The only case I'd use a tourniquet, and the case I've used it, and I've seen it used would be someone who's been in say, some sort of motorcycle accident, something like that, and they've lost their lower leg. Basically, you're just trying to save their life. Their leg is pretty much lost, it's mangled, or it's pretty much gone. So you're just trying to control the bleeding into that area, and just assuming that everything below that tourniquet is gone.

Interviewer: Okay.

Dr. Madsen: So if you're going to put a tourniquet on, I would not recommend doing it. But the only scenario where you would do that would be where you just assume you're going to lose everything below that.

Interviewer: If I'm putting pressure on something like that, is their blood going to be getting out and around it? I mean, am I'm completely stopping the blood from escaping in most cases or not?

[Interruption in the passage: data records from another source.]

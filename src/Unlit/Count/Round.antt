-- ===== src/Unlit/Count/Round.antt =====
-- utils/unlit/unlit.c: one round of the loop of `unlit`, and the lines that it reads and writes.
use mathlib.Core.Path.{subst}
use mathlib.Core.Bool.{true≢false}
use ghc_xapp_fix.Prelude.{
  ℕ, suc, ◌+◌, ◌<◌, ◌≡◌, ◌≢◌, refl, ap, sym, ◌∙◌, Bool, true, false, Option, none, some, List, [],
  ◌∷◌, ◌++◌, ◌&&◌, ◌⊎◌, inl, inr, ◌==◌, if◌then◌else◌, length, All, starts_with, arith, Bool-cases,
}
use ghc_xapp_fix.Unlit.{
  newline, begin, end, text, defn, shebang, Flags, Input, Read, readline, same_line, State, Message,
  missing_blank, empty_script, complain, note_line, code_block, Done, finish, go_on, egetc,
  read_from,
}
use ghc_xapp_fix.Unlit.Tabs.{
  Gets, egetc-Gets, spaces, line_of, drop_line, expand, line_text, IsStart,
}
use ghc_xapp_fix.Unlit.Comments.{comment_kind, strip_left}
use ghc_xapp_fix.Unlit.Lines.{line_kind, written_for, written_for-comment}
use ghc_xapp_fix.Unlit.Script.{
  lines_of, newlines, IsOrdinary, newlines-append, newlines-line_text, lines_of_lem,
  length-drop_line, lines_of-IsOrdinary, copy_code_lem,
}

-- `complain` and the tests of a line write nothing.
complain_lem :
    (f : Flags) (s : State) (lin : ℕ) (what : Message)
    → ((complain f s lin what).written ≡ s.written) × ((complain f s lin what).input ≡ s.input)
unfolding complain
complain_lem f s lin what = elim (Bool-cases f.noisy) [
  | inl e ↦ rw e (refl, refl)
  | inr e ↦ rw e (refl, refl)
]

complain_if :
    (f : Flags) (b : Bool) (s : State) (lin : ℕ) (what : Message)
    → let s' = if b then complain f s lin what else s in
      (s'.written ≡ s.written) × (s'.input ≡ s.input)
complain_if f true s lin what = complain_lem f s lin what
complain_if f false s lin what = (refl, refl)

pub note_line_lem :
    (f : Flags) (s : State) (r : Read)
    → ((note_line f s r).written ≡ s.written ++ r.written) × ((note_line f s r).input ≡ r.input)
unfolding note_line
note_line_lem f s r =
    let c = complain_if f (same_line s.this defn && same_line r.line text) _ _ missing_blank in
    let d = complain_if f (same_line s.this text && same_line r.line defn) _ _ missing_blank in
    (d.0 ∙ c.0, d.1 ∙ c.1)

test-end : (b : Bool) → same_line (if b then begin else text) end ≡ false
test-end true = refl
test-end false = refl

comment_kind-end : (w : List ℕ) → same_line (comment_kind w) end ≡ false
unfolding comment_kind
comment_kind-end [] = refl
comment_kind-end (c ∷ cs) = test-end _

-- For a line of the script, `readline` writes one newline.
pub one_newline :
    (w : List ℕ)
    → newlines w ≡ 0
    → line_kind w ≢ shebang
    → (newlines (written_for false (line_kind w) w) ≡ 1) × (same_line (line_kind w) end ≡ false)
unfolding newlines line_kind
one_newline [] h unlike = (omega arith, refl)
one_newline (c ∷ cs) h unlike = elim (Bool-cases (c == b'>')) [
  | inl e ↦ rw e (omega (arith, newlines-append cs (newline ∷ [])), refl)
  | inr e ↦ elim (Bool-cases (c == b'#')) [
    | inl e' ↦ elim (Bool-cases (starts_with (b'!' ∷ []) cs)) [
      | inl bang ↦ absurd (unlike (rw (e, e') (rw bang refl)))
      | inr other ↦
          rw (e, e') (rw other (omega (arith, newlines-append (c ∷ cs) (newline ∷ [])), refl))
    ]
    | inr e' ↦
        rw (e, e')
          (
            ap newlines (written_for-comment false (strip_left (c ∷ cs)) (c ∷ cs)) ∙ omega arith,
            comment_kind-end (strip_left (c ∷ cs)),
          )
  ]
]

-- The run from a state on: it ends, and unless `\end{code}` is missing, a newline is written for each
-- line that is left.
pub record Runs (s : State) (r : Option Done) : Type 0 where
  pub done : Done
  pub run : r ≡ some done
  pub counts :
      done.exited ≡ false
      → newlines done.state.written ≡ newlines s.written + length (lines_of s.input.rest)

-- what the rest of a run needs
pub record IsReady (fuel : ℕ) (s : State) : Type 0 where
  pub start : IsStart s.input
  pub ordinary : All IsOrdinary (lines_of s.input.rest)
  pub enough : length s.input.rest < fuel

-- the state of the run has reached a new line, and the count is kept
abbrev pub Continues : ℕ → State → Done ⊎ State → Type 0
Continues fuel s (inl d) = d.exited ≡ true
Continues fuel s (inr s') =
    IsReady fuel s'
    × (newlines s'.written + length (lines_of s'.input.rest)
        ≡ newlines s.written + length (lines_of s.input.rest))

-- the code after a `\begin{code}` line
pub record Blocks (fuel : ℕ) (s : State) (r : Option (Done ⊎ State)) : Type 0 where
  pub after : Done ⊎ State
  pub run : r ≡ some after
  pub what : Continues fuel s after

pub code_block_lem :
    (fuel : ℕ) (f : Flags) (s : State) → IsReady fuel s → Blocks fuel s (code_block f s)
unfolding code_block
code_block_lem fuel f s ready =
    let m =
      copy_code_lem (suc (length s.input.rest)) s.linesread s.input.rest (omega arith)
        ready.ordinary in
    elim (Bool-cases m.copied.closed) [
      | inl closed ↦
          rw (m.run, closed)
            (record {
              after = _;
              run = refl;
              what = (
                record {
                  start = (
                    ready.start.0,
                    elim ready.start.1 [
                      | inl zero_col ↦ inl zero_col
                      | inr at_end ↦ absurd (true≢false (sym closed ∙ m.at_end at_end))
                    ],
                  );
                  ordinary = m.ordinary;
                  enough = omega (arith, m.size, ready.enough);
                },
                omega (arith, m.counts closed, newlines-append s.written m.copied.written),
              );
            })
      | inr missing ↦ rw (m.run, missing) (record { after = _; run = refl; what = refl })
    ]

pub go_on_lem :
    (fuel : ℕ) (f : Flags) (s s' : State) (loop : State → Option Done) (after : Done ⊎ State)
    → newlines s'.written + length (lines_of s'.input.rest)
      ≡ newlines s.written + length (lines_of s.input.rest)
    → Continues fuel s' after
    → ((t : State) → IsReady fuel t → Runs t (loop t))
    → Runs s (go_on false f loop after)
unfolding go_on
go_on_lem fuel f s s' loop (inl d) same exits more = record {
  done = d;
  run = refl;
  counts = λ e. absurd (true≢false (sym exits ∙ e));
}
go_on_lem fuel f s s' loop (inr t) same c more =
    let m = more t c.0 in
    record { done = m.done; run = m.run; counts = λ e. omega (arith, m.counts e, c.1, same) }

-- the state after a line of the script
pub line_noted :
    (fuel : ℕ) (f : Flags) (s : State) (r : Read)
    → f.crunchnl ≡ false
    → s.input.rest ≢ []
    → IsReady (suc fuel) s
    → r.written ≡ written_for f.crunchnl (line_kind (line_text s.input)) (line_text s.input)
    → IsStart r.input
    → r.input.rest ≡ drop_line s.input.rest
    → line_kind (line_text s.input) ≢ shebang
    → IsReady fuel (note_line f s r)
      × (newlines (note_line f s r).written + length (lines_of (note_line f s r).input.rest)
          ≡ newlines s.written + length (lines_of s.input.rest))
line_noted fuel f s r crunch ne ready wrote fresh rest unlike =
    let n = note_line_lem f s r in
    let w = line_text s.input in
    let one = (one_newline w (newlines-line_text s.input) unlike).0 in
    let wrote' : r.written ≡ written_for false (line_kind w) w =
      wrote ∙ ap (λ b. written_for b (line_kind w) w) crunch in
    let left : (note_line f s r).input.rest ≡ drop_line s.input.rest =
      ap (λ i. i.rest) n.1 ∙ rest in
    let less = length-drop_line s.input.rest ne in
    let lines = ap length (lines_of_lem s.input.rest ne) in
    (
      record {
        start = subst IsStart (sym n.1) fresh;
        ordinary =
            subst (λ cs. All IsOrdinary (lines_of cs)) (sym left)
              (lines_of-IsOrdinary s.input.rest ne ready.ordinary).1;
        enough = omega (arith, ap length left, less, ready.enough);
      },
      omega (
        arith,
        ap newlines n.0,
        newlines-append s.written r.written,
        ap newlines wrote',
        one,
        lines,
        ap (λ cs. length (lines_of cs)) left,
      ),
    )

-- At the end of the script, `readline` returns `END`.
pub record Ends (r : Option Read) : Type 0 where
  pub read : Read
  pub run : r ≡ some read
  pub line : read.line ≡ end
  pub written : read.written ≡ []

read_end :
    (f : Flags) (s : Input) (c : Option ℕ) (s' : Input)
    → Gets s c s'
    → s.spleft ≡ 0
    → s.rest ≡ []
    → Ends (read_from f c s')
unfolding read_from
read_end f s none s' g left e = record { read = _; run = refl; line = refl; written = refl }
read_end f s (some c) s' (inl g) left e = absurd (omega (arith, g.4, ap length e))
read_end f s (some c) s' (inr g) left e = absurd (omega (arith, g.3, left, ap length e))

pub readline-Ends : (f : Flags) (s : Input) → s.spleft ≡ 0 → s.rest ≡ [] → Ends (readline f s)
unfolding readline
readline-Ends f s left e = read_end f s (egetc s).0 (egetc s).1 (egetc-Gets s) left e

pub finish_lem : (f : Flags) (s : State) → (finish f s).state.written ≡ s.written
unfolding finish
finish_lem f s = (complain_if f (s.defnsread == 0) s s.linesread empty_script).0

-- the line that `readline` meets at the start of a line
pub line_text-start :
    (s : Input) → IsStart s → s.rest ≢ [] → line_text s ≡ expand 0 (line_of s.rest)
unfolding line_text spaces
line_text-start s (left, inl col) ne = rw (left, col) refl
line_text-start s (left, inr e) ne = absurd (ne e)

pub nil_cases : (cs : List ℕ) → (cs ≡ []) ⊎ (cs ≢ [])
nil_cases [] = inl refl
nil_cases (c ∷ cs) = inr (λ e. omega (arith, ap length e))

Dr. Madsen: With just putting pressure, or with a tourniquet?

Interviewer: Yeah. With putting pressure, what's that look like?

Dr. Madsen: So when you're putting pressure on something, you're just holding pressure directly over the wound, and you should have enough other arteries and veins, and everything running through there, you're still going to have blood flow to whatever is beyond that.

Interviewer: So it will bypass, it won't just continue to push past the pressure?

Dr. Madsen: Yeah. Exactly. Yeah, it's not like you just have one artery running down there that's then going to be blocked off, and everything's going to pool above it, or try to push back because so much pressure will build up where you're holding pressure.

Interviewer: It just reroutes.

Dr. Madsen: It will reroute, exactly. It's like a traffic jam where then everything goes on separate streets. Kind of same idea, but again, the key is just hold pressure, and avoid using some kind of tourniquet, or avoid tying something around the arm or leg that's going to cut off all the circulation down below there.